No moratorium on new hotel development
But City plans a study with a report within 90 days
Warwick Jones

The most important item on last night’s agenda was a proposed moratorium on new hotels for the Peninsula. It was the Mayor’s idea and apparently in the minds of Council members, a bad idea. We were told by a Council member before the meeting began that the item would be pulled from the agenda. It was effectively, but Council agreed to a study of the issue of new hotels, and a report in 90 days.

A number of citizens turned up to speak to the issue and as a representative of the Preservation Society commented, he wondered what he was doing at the meeting as he just read an on-line report in the Post and Courier saying that the moratorium was dead. However, he and others went on to say that the growing number of hotels and hotel rooms on the Peninsula was an issue and they welcomed a study.

The Mayor acknowledged he was responsible for suggesting the moratorium, and admitted the absence of any support from Council. But he also said that there was real concern about growing hotel numbers on the Peninsula, and the issues that accompanied this growth. As another Council member noted, hotel room numbers had been growing about an average of 10% a year. If this rate continued, the character and nature of the Peninsula would drastically change.

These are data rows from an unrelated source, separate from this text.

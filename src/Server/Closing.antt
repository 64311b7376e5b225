-- ===== src/Server/Closing.antt =====
-- The connections to peers over the life of a server: kept by every request, and closed by Close.
use mathlib.Core.List.{foldl}
use time_series_cardinality.Base.{
  ℕ, ◌≡◌, sym, ◌∙◌, ap, inl, inr, some, List, [], ◌∷◌, Bytes, bytes_eq, ◌==◌, Bool-cases,
  Option-cases, bytes_eqb_iff, subst,
}
use time_series_cardinality.Map.{lookup, find, lookup-insert}
use time_series_cardinality.External.{Murmur}
use time_series_cardinality.Errors.{ok, Result-cases}
use time_series_cardinality.Sketch.{SketchOps, Algorithm}
use time_series_cardinality.Store.{Badger}
use time_series_cardinality.Server.{
  Server, Network, Config, note, finish, Handled, set_dial_options, close, get_peer_client,
  add_method, batch_add_method, query_method, add_body, batch_add_body, query_body, add, batch_add,
  query,
}
use time_series_cardinality.Server.Preserved.{
  IsKept, add_body-Kept, batch_add_body-Kept, query_body-Kept,
}
use time_series_cardinality.Server.Peers.{get_peer_client_known, get_peer_client_kept}

module _ {W : Type 0} (net : Network W) where
  -- A request to the service, or a call of SetDialOptions.
  pub data Request : Type 0 where
    add_request : Bytes → ℕ → Request
    batch_add_request : Bytes → List ℕ → Request
    query_request : Bytes → Request
    options_request : List net.DialOption → Request

  -- Closing some connections one after another reaches each of them.
  closed :
      (Q : W → Type 0) (c : net.ClientConn) (addr : Bytes) (l : List (Bytes × net.ClientConn))
      (w : W)
      → ((v : W) → Q (net.close_conn c v))
      → ((d : net.ClientConn) (v : W) → Q v → Q (net.close_conn d v))
      → find addr l ≡ some c
      → Q (foldl (λ (v : W) (entry : Bytes × net.ClientConn). net.close_conn entry.1 v) w l)
  unfolding find
  closed Q c addr [] w here stays p = cc p
  closed Q c addr ((k, d) ∷ l) w here stays p = elim (Bool-cases (k == addr)) [
    | inr other ↦ closed Q c addr l (net.close_conn d w) here stays (rw other at p)
    | inl same ↦
        let hit : d ≡ c = cc (rw same at p) in
        after l (net.close_conn d w) (subst (λ x. Q (net.close_conn x w)) (sym hit) (here w))
  ]
    where
      after :
          (l : List (Bytes × net.ClientConn)) (w : W)
          → Q w
          → Q (foldl (λ (v : W) (entry : Bytes × net.ClientConn). net.close_conn entry.1 v) w l)
      after [] w q = q
      after ((k, d) ∷ l) w q = after l (net.close_conn d w) (stays d w q)

module _ {o : SketchOps} {alg : Algorithm o} {Db : Type 0} {W : Type 0} (net : Network W) where
  -- The second server has the connections of the first, at the same addresses.
  abbrev Grows : Server o alg Db net → Server o alg Db net → Type 0
  Grows s t =
      (addr : Bytes) (c : net.ClientConn)
      → lookup addr s.conns ≡ some c
      → lookup addr t.conns ≡ some c

  get_peer_client-Grows :
      (addr : Bytes) (s : Server o alg Db net) → Grows s (get_peer_client o alg Db net addr s).1
  unfolding get_peer_client
  get_peer_client-Grows addr s j c known = elim (Option-cases (lookup addr s.conns)) [
    | inr (d, there) ↦ rw (there, get_peer_client) known
    | inl absent ↦ elim (Result-cases (net.dial addr (net.insecure ∷ s.dial_opts) s.world).0) [
      | inr (x, failed) ↦ rw (absent, failed, get_peer_client) known
      | inl (d, dialled) ↦
          rw (absent, dialled, get_peer_client)
            (elim (Bool-cases (addr == j)) [
              | inl same ↦ cc (known, absent, (bytes_eqb_iff addr j).0 same)
              | inr other ↦ rw other at (lookup-insert addr j d s.conns) ∙ known
            ])
    ]
  ]

  Grows-IsKept : IsKept o alg Db net Grows
  Grows-IsKept = record {
    nothing = λ s addr c known. known;
    steps = λ s t u h k addr c known. k addr c (h addr c known);
    noted = λ e s q addr c known. unfold note in known;
    called = λ w s addr c known. known;
    written = λ e st s addr c known. known;
    dialled = get_peer_client-Grows;
  }

  finish-Grows :
      {A : Type 0} (method : Bytes) (p : Handled A × Server o alg Db net) (s : Server o alg Db net)
      → Grows s p.1
      → Grows s (finish o alg Db net method p).1
  unfolding finish note
  finish-Grows method ((r, status), t) s h = h

  module _ (badger : Badger Db) (m : Murmur) (config : Config W) where
    -- The server after a request, and after several.
    unfoldable pub served : Request net → Server o alg Db net → Server o alg Db net
    unfolding add batch_add query set_dial_options
    served (add_request group id) s = (add o alg Db net badger m config group id s).1
    served (batch_add_request group ids) s = (batch_add o alg Db net badger m config group ids s).1
    served (query_request group) s = (query o alg Db net badger m config group s).1
    served (options_request opts) s = set_dial_options o alg Db net opts s

    unfoldable pub all_served : List (Request net) → Server o alg Db net → Server o alg Db net
    unfolding served
    all_served [] s = s
    all_served (r ∷ rs) s = all_served rs (served r s)

    served-Grows : (r : Request net) (s : Server o alg Db net) → Grows s (served r s)
    unfolding served add batch_add query set_dial_options
    served-Grows (add_request group id) s =
        finish-Grows add_method (add_body o alg Db net badger m config group id s) s
          (add_body-Kept o alg Db net badger m config Grows-IsKept group id s)
    served-Grows (batch_add_request group ids) s =
        finish-Grows batch_add_method (batch_add_body o alg Db net badger m config group ids s) s
          (batch_add_body-Kept o alg Db net badger m config Grows-IsKept group ids s)
    served-Grows (query_request group) s =
        finish-Grows query_method (query_body o alg Db net badger m config group s) s
          (query_body-Kept o alg Db net badger m config Grows-IsKept group s)
    served-Grows (options_request opts) s = λ addr c known. known

    all_served-Grows :
        (rs : List (Request net)) (s : Server o alg Db net) → Grows s (all_served rs s)
    unfolding all_served
    all_served-Grows [] s addr c known = known
    all_served-Grows (r ∷ rs) s addr c known =
        all_served-Grows rs (served r s) addr c (served-Grows r s addr c known)

    -- A connection that the server got for a peer, dialled or not, is the one it has for that peer
    -- after whatever requests and dial options, and Close then closes it: whatever holds once it is closed, and is
    -- not undone by closing others, holds after Close.
    pub close-all_served :
        (Q : W → Type 0) (addr : Bytes) (c : net.ClientConn) (rs : List (Request net))
        (s : Server o alg Db net)
        → ((w : W) → Q (net.close_conn c w))
        → ((d : net.ClientConn) (w : W) → Q w → Q (net.close_conn d w))
        → (get_peer_client o alg Db net addr s).0 ≡ ok c
        → let t = all_served rs (get_peer_client o alg Db net addr s).1 in
          ((get_peer_client o alg Db net addr t).0 ≡ ok c) × Q (close o alg Db net t).world
    unfolding close
    close-all_served Q addr c rs s here stays got =
        let s' = (get_peer_client o alg Db net addr s).1 in
        let t = all_served rs s' in
        let known : lookup addr t.conns ≡ some c =
          all_served-Grows rs s' addr c (get_peer_client_kept o alg Db net addr s c got) in
        (
          ap (λ r. r.0) (get_peer_client_known o alg Db net addr t known),
          closed net Q c addr t.conns.entries t.world here stays (unfold lookup in known),
        )
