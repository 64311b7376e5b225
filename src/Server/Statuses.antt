-- ===== src/Server/Statuses.antt =====
-- The status that each handler has set by the time it returns: on every branch that of its result.
use time_series_cardinality.Base.{
  ℕ, ◌≡◌, refl, inl, inr, List, [], ◌∷◌, Bytes, Option-cases, Bool-cases, bytes_eq, ◌==◌, length,
}
use time_series_cardinality.External.{Murmur}
use time_series_cardinality.Sketch.{SketchOps, Algorithm}
use time_series_cardinality.Store.{Badger}
use time_series_cardinality.Server.{
  Server, Network, Config, batch_size, note, peer_of, add_id, add_body, add_ids, batch_add_body,
  query_body, add_method, batch_add_method, query_method,
}
use time_series_cardinality.Server.Metrics.{status_of, forward_request-forward}

module _ (o : SketchOps) (alg : Algorithm o) (Db : Type 0) {W : Type 0} (net : Network W)
    (badger : Badger Db) (m : Murmur) (config : Config W) (group : Bytes) where
  pub add_body-status :
      (id : ℕ) (s : Server o alg Db net)
      → let p = add_body o alg Db net badger m config group id s in p.0.1 ≡ status_of p.0.0
  unfolding add_body
  add_body-status id s = elim (Bool-cases (group == [])) [
    | inl nameless ↦ rw (nameless, add_body) refl
    | inr named ↦
        elim (Option-cases (add_id o alg Db net badger m config add_method group id s).0) [
          | inl fine ↦ rw (named, fine, add_body) refl
          | inr (x, bad) ↦ rw (named, bad, add_body) refl
        ]
  ]

  add_ids-status :
      (ids : List ℕ) (s : Server o alg Db net)
      → let p = add_ids o alg Db net badger m config group ids s in p.0.1 ≡ status_of p.0.0
  unfolding add_ids
  add_ids-status [] s = refl
  add_ids-status (v ∷ ids) s =
      let (r, t) = add_id o alg Db net badger m config batch_add_method group v s in
      elim (Option-cases r) [
        | inl fine ↦ rw (fine, add_ids) (add_ids-status ids t)
        | inr (x, bad) ↦ rw (bad, add_ids) refl
      ]

  pub batch_add_body-status :
      (ids : List ℕ) (s : Server o alg Db net)
      → let p = batch_add_body o alg Db net badger m config group ids s in p.0.1 ≡ status_of p.0.0
  unfolding batch_add_body
  batch_add_body-status ids s = elim (Bool-cases (group == [])) [
    | inl nameless ↦ rw (nameless, batch_add_body) refl
    | inr named ↦ elim (Option-cases (peer_of m config group)) [
      | inr (owner, other) ↦
          rw (named, other, batch_add_body)
            (forward_request-forward owner batch_add_method (λ c. net.batch_add c group ids) s).2
      | inl own ↦
          rw (named, own, batch_add_body)
            (add_ids-status ids (note o alg Db net (batch_size (length ids)) s))
    ]
  ]

  pub query_body-status :
      (s : Server o alg Db net)
      → let p = query_body o alg Db net badger m config group s in p.0.1 ≡ status_of p.0.0
  unfolding query_body
  query_body-status s = elim (Bool-cases (group == [])) [
    | inl nameless ↦ rw (nameless, query_body) refl
    | inr named ↦ elim (Option-cases (peer_of m config group)) [
      | inr (owner, other) ↦
          rw (named, other, query_body)
            (forward_request-forward owner query_method (λ c. net.query c group) s).2
      | inl own ↦ rw (named, own, query_body) refl
    ]
  ]
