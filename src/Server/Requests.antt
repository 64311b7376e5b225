-- ===== src/Server/Requests.antt =====
-- Every call of the service is one request in the metrics, whatever way it takes.
use time_series_cardinality.Base.{ℕ, refl, List, Bytes, bytes_eq}
use time_series_cardinality.External.{Murmur}
use time_series_cardinality.Sketch.{SketchOps, Algorithm}
use time_series_cardinality.Store.{Badger}
use time_series_cardinality.Server.{
  Server, Network, Config, add_body, batch_add_body, query_body, add, batch_add, query, add_method,
  batch_add_method, query_method,
}
use time_series_cardinality.Server.Metrics.{
  Uncounted, Uncounted-refl, Uncounted-trans, note-Passed, get_peer_client-Passed, status_of,
  Counted, finish-Counted,
}
use time_series_cardinality.Server.Preserved.{
  IsKept, add_body-Kept, batch_add_body-Kept, query_body-Kept,
}
use time_series_cardinality.Server.Statuses.{
  add_body-status, batch_add_body-status, query_body-status,
}

module _ (o : SketchOps) (alg : Algorithm o) (Db : Type 0) {W : Type 0} (net : Network W)
    (badger : Badger Db) (m : Murmur) (config : Config W) where
  Uncounted-IsKept : IsKept o alg Db net Uncounted
  Uncounted-IsKept = record {
    nothing = Uncounted-refl;
    steps = λ s t u h k. Uncounted-trans h k;
    noted = λ e s q. (note-Passed e s q).uncounted;
    called = λ w s. record { same = refl };
    written = λ e st s. record { same = refl };
    dialled = λ addr s. (get_peer_client-Passed addr s).uncounted;
  }

  -- Add, BatchAdd and Query, on whatever way through the handler, with an error or without: the
  -- metrics count one request more than before, noted last under the method's own name, with
  -- "success" exactly if the call returns no error.
  pub request-Counted :
      (group : Bytes) (id : ℕ) (ids : List ℕ) (s : Server o alg Db net)
      → Counted add_method
          (status_of (add o alg Db net badger m config group id s).0)
          s
          (add o alg Db net badger m config group id s).1
        × Counted batch_add_method
            (status_of (batch_add o alg Db net badger m config group ids s).0)
            s
            (batch_add o alg Db net badger m config group ids s).1
        × Counted query_method
            (status_of (query o alg Db net badger m config group s).0)
            s
            (query o alg Db net badger m config group s).1
  unfolding add batch_add query
  request-Counted group id ids s = (
    finish-Counted add_method (add_body o alg Db net badger m config group id s) s
        (add_body-Kept o alg Db net badger m config Uncounted-IsKept group id s)
        (add_body-status o alg Db net badger m config group id s),
    finish-Counted batch_add_method (batch_add_body o alg Db net badger m config group ids s) s
        (batch_add_body-Kept o alg Db net badger m config Uncounted-IsKept group ids s)
        (batch_add_body-status o alg Db net badger m config group ids s),
    finish-Counted query_method (query_body o alg Db net badger m config group s) s
        (query_body-Kept o alg Db net badger m config Uncounted-IsKept group s)
        (query_body-status o alg Db net badger m config group s),
  )
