-- ===== src/Startup.antt =====
-- cmd/server/main.go: what `run` sets up before it serves: the engine's state from the store, the
-- ring from the flag -peers, and this node's own address on it. Process has `run` as a whole.
pub mod Recovery
pub mod Durable
pub mod Failures
pub mod Restart
pub mod Cluster
pub mod Routing
pub mod Entries
pub mod Process
pub mod Muxes
use mathlib.Core.List.{foldl}
use time_series_cardinality.Base.{
  ℕ, zero, suc, ◌+◌, ◌-◌, ◌^◌, Bool, ◌&&◌, ◌||◌, Option, none, some, List, [], ◌∷◌, Bytes, bytes_eq,
  ◌==◌, if◌then◌else◌, length, ltb, leb, nat_eqb,
}
use time_series_cardinality.External.{Murmur}
use time_series_cardinality.Errors.{Error, Run, done, panic}
use time_series_cardinality.Sketch.{SketchOps, Algorithm}
use time_series_cardinality.Engine.{Engine, new_engine, restore}
use time_series_cardinality.Store.{Badger, BadgerStore, load_all}
use time_series_cardinality.Router
use time_series_cardinality.Router.{Ring, add_node}

module _ (o : SketchOps) (alg : Algorithm o) where
  -- The function that run passes to LoadAll, with the variable `restored`.
  unfoldable pub restore_item : Bytes → Bytes → Engine o alg × ℕ → Option Error × (Engine o alg × ℕ)
  restore_item group b (e, restored) =
      let (r, e') = restore o alg group b e in
      elim r [ some x ↦ (some x, (e', restored)) | none ↦ (none, (e', restored + 1)) ]

  -- The engine that run serves, and how many groups it has restored.
  unfoldable pub rebuild :
      {Db : Type 0} → Badger Db → BadgerStore Db → Option Error × (Engine o alg × ℕ)
  unfolding restore_item
  rebuild badger st = load_all badger restore_item st (new_engine o alg, 0)

-- strings.Split(s, ",")
unfoldable pub split_commas : Bytes → List Bytes
split_commas [] = [] ∷ []
split_commas (b ∷ bs) =
    let rest = split_commas bs in
    if nat_eqb b b',' then [] ∷ rest else elim rest [ [] ↦ (b ∷ []) ∷ [] | s ∷ ss ↦ (b ∷ s) ∷ ss ]

-- peerAddrs[i]: an index past the end panics.
unfoldable pub index_peer : List Bytes → ℕ → Run Bytes
index_peer [] i = panic
index_peer (a ∷ addrs) zero = done a
index_peer (a ∷ addrs) (suc i) = index_peer addrs i

-- The address of node `node_id`, a uint64: int(*nodeID) is negative from 2 ^ 63 on.
unfoldable pub self_address : ℕ → List Bytes → Run Bytes
unfolding index_peer length
self_address node_id addrs =
    if ltb 0 node_id && (leb (2 ^ 63) node_id || leb node_id (length addrs))
    then index_peer addrs (node_id - 1)
    else done []

-- The ring and the address; `none` is the nil ring of a node with no peers.
unfoldable pub configure : Murmur → ℕ → Bytes → Run (Option Ring × Bytes)
unfolding split_commas self_address
configure m node_id peers =
    if peers == []
    then done (none, [])
    else (let addrs = split_commas peers in
        let ring = foldl (λ (r : Ring) (addr : Bytes). add_node m addr r) Router.new addrs in
        elim (self_address node_id addrs) [ panic ↦ panic | done self ↦ done (some ring, self) ])
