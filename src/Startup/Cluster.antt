-- ===== src/Startup/Cluster.antt =====
-- The ring and the address that a node takes from its flags.
use mathlib.Core.List.{foldl}
use time_series_cardinality.Base.{
  ℕ, zero, suc, ◌-◌, ◌^◌, ◌≤◌, ◌<◌, ◌≡◌, ◌≢◌, refl, sym, ◌∙◌, inl, inr, ◌⊎◌, none, some, List, [],
  ◌∷◌, Bytes, bytes_eq, ◌==◌, arith, length, Bool-cases, bytes_eqb_iff, subst, false, nat_eq,
  nat_eqb,
}
use time_series_cardinality.Map.{lookup, lookup-empty}
use time_series_cardinality.External.{Murmur}
use time_series_cardinality.Errors.{done, panic}
use time_series_cardinality.Router
use time_series_cardinality.Router.{Ring, add_node, resolve, node_at}
use time_series_cardinality.Router.Nearest.{IsRing, new-IsRing, All-Member, resolve_lem}
use time_series_cardinality.Router.Joining.{
  add_node-IsRing, map-add_node, node_at_known, add_node_nonempty,
}
use time_series_cardinality.Startup.{split_commas, index_peer, self_address, configure}

-- The address is one of the list.
abbrev pub Listed : Bytes → List Bytes → Type 0
Listed a [] = ⊥
Listed a (b ∷ bs) = (a ≡ b) ⊎ Listed a bs

-- The ring that `run` builds from the addresses, from a ring that is there.
abbrev pub joined : Murmur → List Bytes → Ring → Ring
joined m addrs r = foldl (λ (t : Ring) (addr : Bytes). add_node m addr t) r addrs

module _ (m : Murmur) (P : Bytes → Type 0) where
  -- Every node that a point maps to satisfies P.
  pub record Owners (r : Ring) : Type 0 where
    pub well : IsRing r
    pub owned : (p : ℕ) (a : Bytes) → lookup p r.node_map ≡ some a → P a

  add_node-Owners : (addr : Bytes) (r : Ring) → P addr → Owners r → Owners (add_node m addr r)
  add_node-Owners addr r here h = record {
    well = add_node-IsRing m addr r h.well;
    owned = λ p a found. elim (map-add_node m addr r h.well p) [
      | inl (new, now) ↦ subst P {x = addr} (cc (now, found)) here
      | inr (old, now) ↦ h.owned p a (sym now ∙ found)
    ];
  }

  joined-Owners :
      (addrs : List Bytes) (r : Ring)
      → ((a : Bytes) → Listed a addrs → P a)
      → Owners r
      → Owners (joined m addrs r)
  joined-Owners [] r all h = h
  joined-Owners (b ∷ bs) r all h =
      joined-Owners bs (add_node m b r) (λ a k. all a (inr k))
        (add_node-Owners b r (all b (inl refl)) h)

  resolve-Owners : (group : Bytes) (r : Ring) → Owners r → 0 < length r.ring → P (resolve m group r)
  resolve-Owners group r h some_point =
      let (p, near, e) = resolve_lem m group r h.well some_point in
      let (a, found) = All-Member _ r.ring h.well.mapped near.member in
      subst P (sym (e ∙ node_at_known p r.node_map found)) (h.owned p a found)

new_bare : (p : ℕ) → lookup p Router.new.node_map ≡ none
unfolding Router.new
new_bare p = lookup-empty {V = Bytes} p

new-Owners : (m : Murmur) (P : Bytes → Type 0) → Owners m P Router.new
new-Owners m P = record { well = new-IsRing; owned = λ p a found. cc (found, new_bare p) }

joined_nonempty :
    (m : Murmur) (addrs : List Bytes) (r : Ring)
    → IsRing r
    → (0 < length r.ring) ⊎ (0 < length addrs)
    → 0 < length (joined m addrs r).ring
unfolding length
joined_nonempty m [] r well (inl h) = h
joined_nonempty m [] r well (inr h) = absurd (omega arith)
joined_nonempty m (b ∷ bs) r well h =
    joined_nonempty m bs (add_node m b r) (add_node-IsRing m b r well)
      (inl (add_node_nonempty m b r well))

-- A ring of listed addresses, one at least, gives every group to one of them.
pub resolve-joined :
    (m : Murmur) (addrs : List Bytes) (group : Bytes)
    → 0 < length addrs
    → Listed (resolve m group (joined m addrs Router.new)) addrs
resolve-joined m addrs group some_addr =
    resolve-Owners m (λ a. Listed a addrs) group (joined m addrs Router.new)
      (joined-Owners m (λ a. Listed a addrs) addrs Router.new (λ a k. k) (new-Owners m _))
      (joined_nonempty m addrs Router.new new-IsRing (inr some_addr))

pub index_peer_in :
    (addrs : List Bytes) (i : ℕ)
    → i < length addrs
    → (a : Bytes) × (index_peer addrs i ≡ done a) × Listed a addrs
unfolding index_peer length
index_peer_in [] i h = absurd (omega arith)
index_peer_in (a ∷ addrs) zero h = (a, refl, inl refl)
index_peer_in (a ∷ addrs) (suc i) h =
    let (b, e, k) = index_peer_in addrs i (omega arith) in (b, e, inr k)

index_peer_past : (addrs : List Bytes) (i : ℕ) → length addrs ≤ i → index_peer addrs i ≡ panic
unfolding index_peer length
index_peer_past [] i h = refl
index_peer_past (a ∷ addrs) zero h = absurd (omega arith)
index_peer_past (a ∷ addrs) (suc i) h = index_peer_past addrs i (omega arith)

pub split_commas_nonempty : (s : Bytes) → 0 < length (split_commas s)
unfolding split_commas length
split_commas_nonempty [] = omega arith
split_commas_nonempty (b ∷ bs) = elim (Bool-cases (nat_eqb b b',')) [
  | inl comma ↦ rw comma (omega arith)
  | inr other ↦ rw other (nonempty_head b (split_commas bs))
]
  where
    nonempty_head :
        (b : ℕ) (l : List Bytes)
        → 0 < length (elim l as (λ _. List Bytes) [ [] ↦ (b ∷ []) ∷ [] | s ∷ ss ↦ (b ∷ s) ∷ ss ])
    nonempty_head b [] = omega arith
    nonempty_head b (s ∷ ss) = omega arith

pub self_address_lem :
    (node_id : ℕ) (addrs : List Bytes)
    → (node_id ≡ 0 → self_address node_id addrs ≡ done [])
      × (1 ≤ node_id
          → node_id ≤ length addrs
          → self_address node_id addrs ≡ index_peer addrs (node_id - 1))
      × (length addrs < node_id → node_id < 2 ^ 63 → self_address node_id addrs ≡ done [])
      × (2 ^ 63 ≤ node_id → self_address node_id addrs ≡ index_peer addrs (node_id - 1))
unfolding self_address
self_address_lem node_id addrs =
    (λ z. ground arith, λ lo hi. ground arith, λ lo hi. ground arith, λ h. ground arith)

module _ (m : Murmur) (node_id : ℕ) (peers : Bytes) (given : peers ≢ []) where
  unfoldable pub ring_of_peers : Ring
  ring_of_peers = joined m (split_commas peers) Router.new

  pub configure_done :
      (self : Bytes)
      → self_address node_id (split_commas peers) ≡ done self
      → configure m node_id peers ≡ done (some ring_of_peers, self)
  unfolding configure ring_of_peers
  configure_done self e =
      let some_peer : (peers == []) ≡ false = ground (arith, bytes_eqb_iff peers []) in
      rw some_peer (rw (e, configure) refl)

  configure_panics :
      self_address node_id (split_commas peers) ≡ panic → configure m node_id peers ≡ panic
  unfolding configure
  configure_panics e =
      let some_peer : (peers == []) ≡ false = ground (arith, bytes_eqb_iff peers []) in
      rw some_peer (rw (e, configure) refl)

  -- With -peers given, a node id from 1 to the number of addresses gives the node a ring that maps
  -- every group to one of the addresses, and an address of its own among them.
  pub configure_member :
      1 ≤ node_id
      → node_id ≤ length (split_commas peers)
      → (ring : Ring) × (self : Bytes) × (configure m node_id peers ≡ done (some ring, self))
        × Listed self (split_commas peers)
        × ((group : Bytes) → Listed (resolve m group ring) (split_commas peers))
  unfolding ring_of_peers
  configure_member lo hi =
      let addrs = split_commas peers in
      let (a, e, k) = index_peer_in addrs (node_id - 1) (omega arith) in
      (
        ring_of_peers,
        a,
        configure_done a ((self_address_lem node_id addrs).1 lo hi ∙ e),
        k,
        λ group. resolve-joined m addrs group (split_commas_nonempty peers),
      )

  -- With -peers given, a node with id 0, or with an id past the addresses and below 2 ^ 63, has a
  -- ring that maps every group to one of the addresses, and no address of its own.
  pub configure_outside :
      (node_id ≡ 0) ⊎ ((length (split_commas peers) < node_id) × (node_id < 2 ^ 63))
      → (ring : Ring) × (configure m node_id peers ≡ done (some ring, []))
        × ((group : Bytes) → Listed (resolve m group ring) (split_commas peers))
  unfolding ring_of_peers
  configure_outside out =
      let addrs = split_commas peers in
      let (zeroth, inside, past, high) = self_address_lem node_id addrs in
      (
        ring_of_peers,
        configure_done [] (elim out [ inl z ↦ zeroth z | inr h ↦ past h.0 h.1 ]),
        λ group. resolve-joined m addrs group (split_commas_nonempty peers),
      )

  -- With -peers given, and fewer addresses than 2 ^ 63: a node id from 2 ^ 63 on, which is negative
  -- as an int, passes the check against the number of addresses, and the index then panics.
  pub configure_high :
      2 ^ 63 ≤ node_id → length (split_commas peers) < 2 ^ 63 → configure m node_id peers ≡ panic
  configure_high h few =
      let addrs = split_commas peers in
      configure_panics
        ((self_address_lem node_id addrs).3 h ∙ index_peer_past addrs (node_id - 1) (omega arith))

We thought the discussion on Council about the need for a report was excellent. Nobody proposed a solution to the traffic congestion and quality of life issues. But there clearly much to study just than hotels in isolation.

Council member Moody got attention when he presented some hypothetical figures relating to a 100,000 square foot building dedicated to 1). A hotel. 2) A commercial building and 3) a residential development. He estimated that the investment would be respectively $40 million, $25 million and $20 million. But he noted that the parking requirements for a hotel would be only 66 spaces, for a commercial space, 400 spaces, and for residential, 150 spaces. He also noted the tax generated by each category and that for the hotels – property, accommodation and fees - was considerably higher than the other two categories. And other Council members also pointed out that hotels were also large employers.

But what if hotel construction was halted on the Peninsula? Hotels probably would be built in neighboring municipalities. The patrons of the hotels would still drive to the Peninsula and contribute to its traffic woes.

It seemed clear that hotels generated less traffic and were economically superior to the other two categories. But wait said others. What about the quality of life, the diversity of activities. Charleston was a working city. It should not become an entity devoted almost exclusively to tourism. And as also pointed out, a hotel was difficult to modify to other uses, commercial and residential construction not so much. If there were a downturn in tourism, the proliferation of hotels on the Peninsula could lead to the emergence of “black holes” in the community.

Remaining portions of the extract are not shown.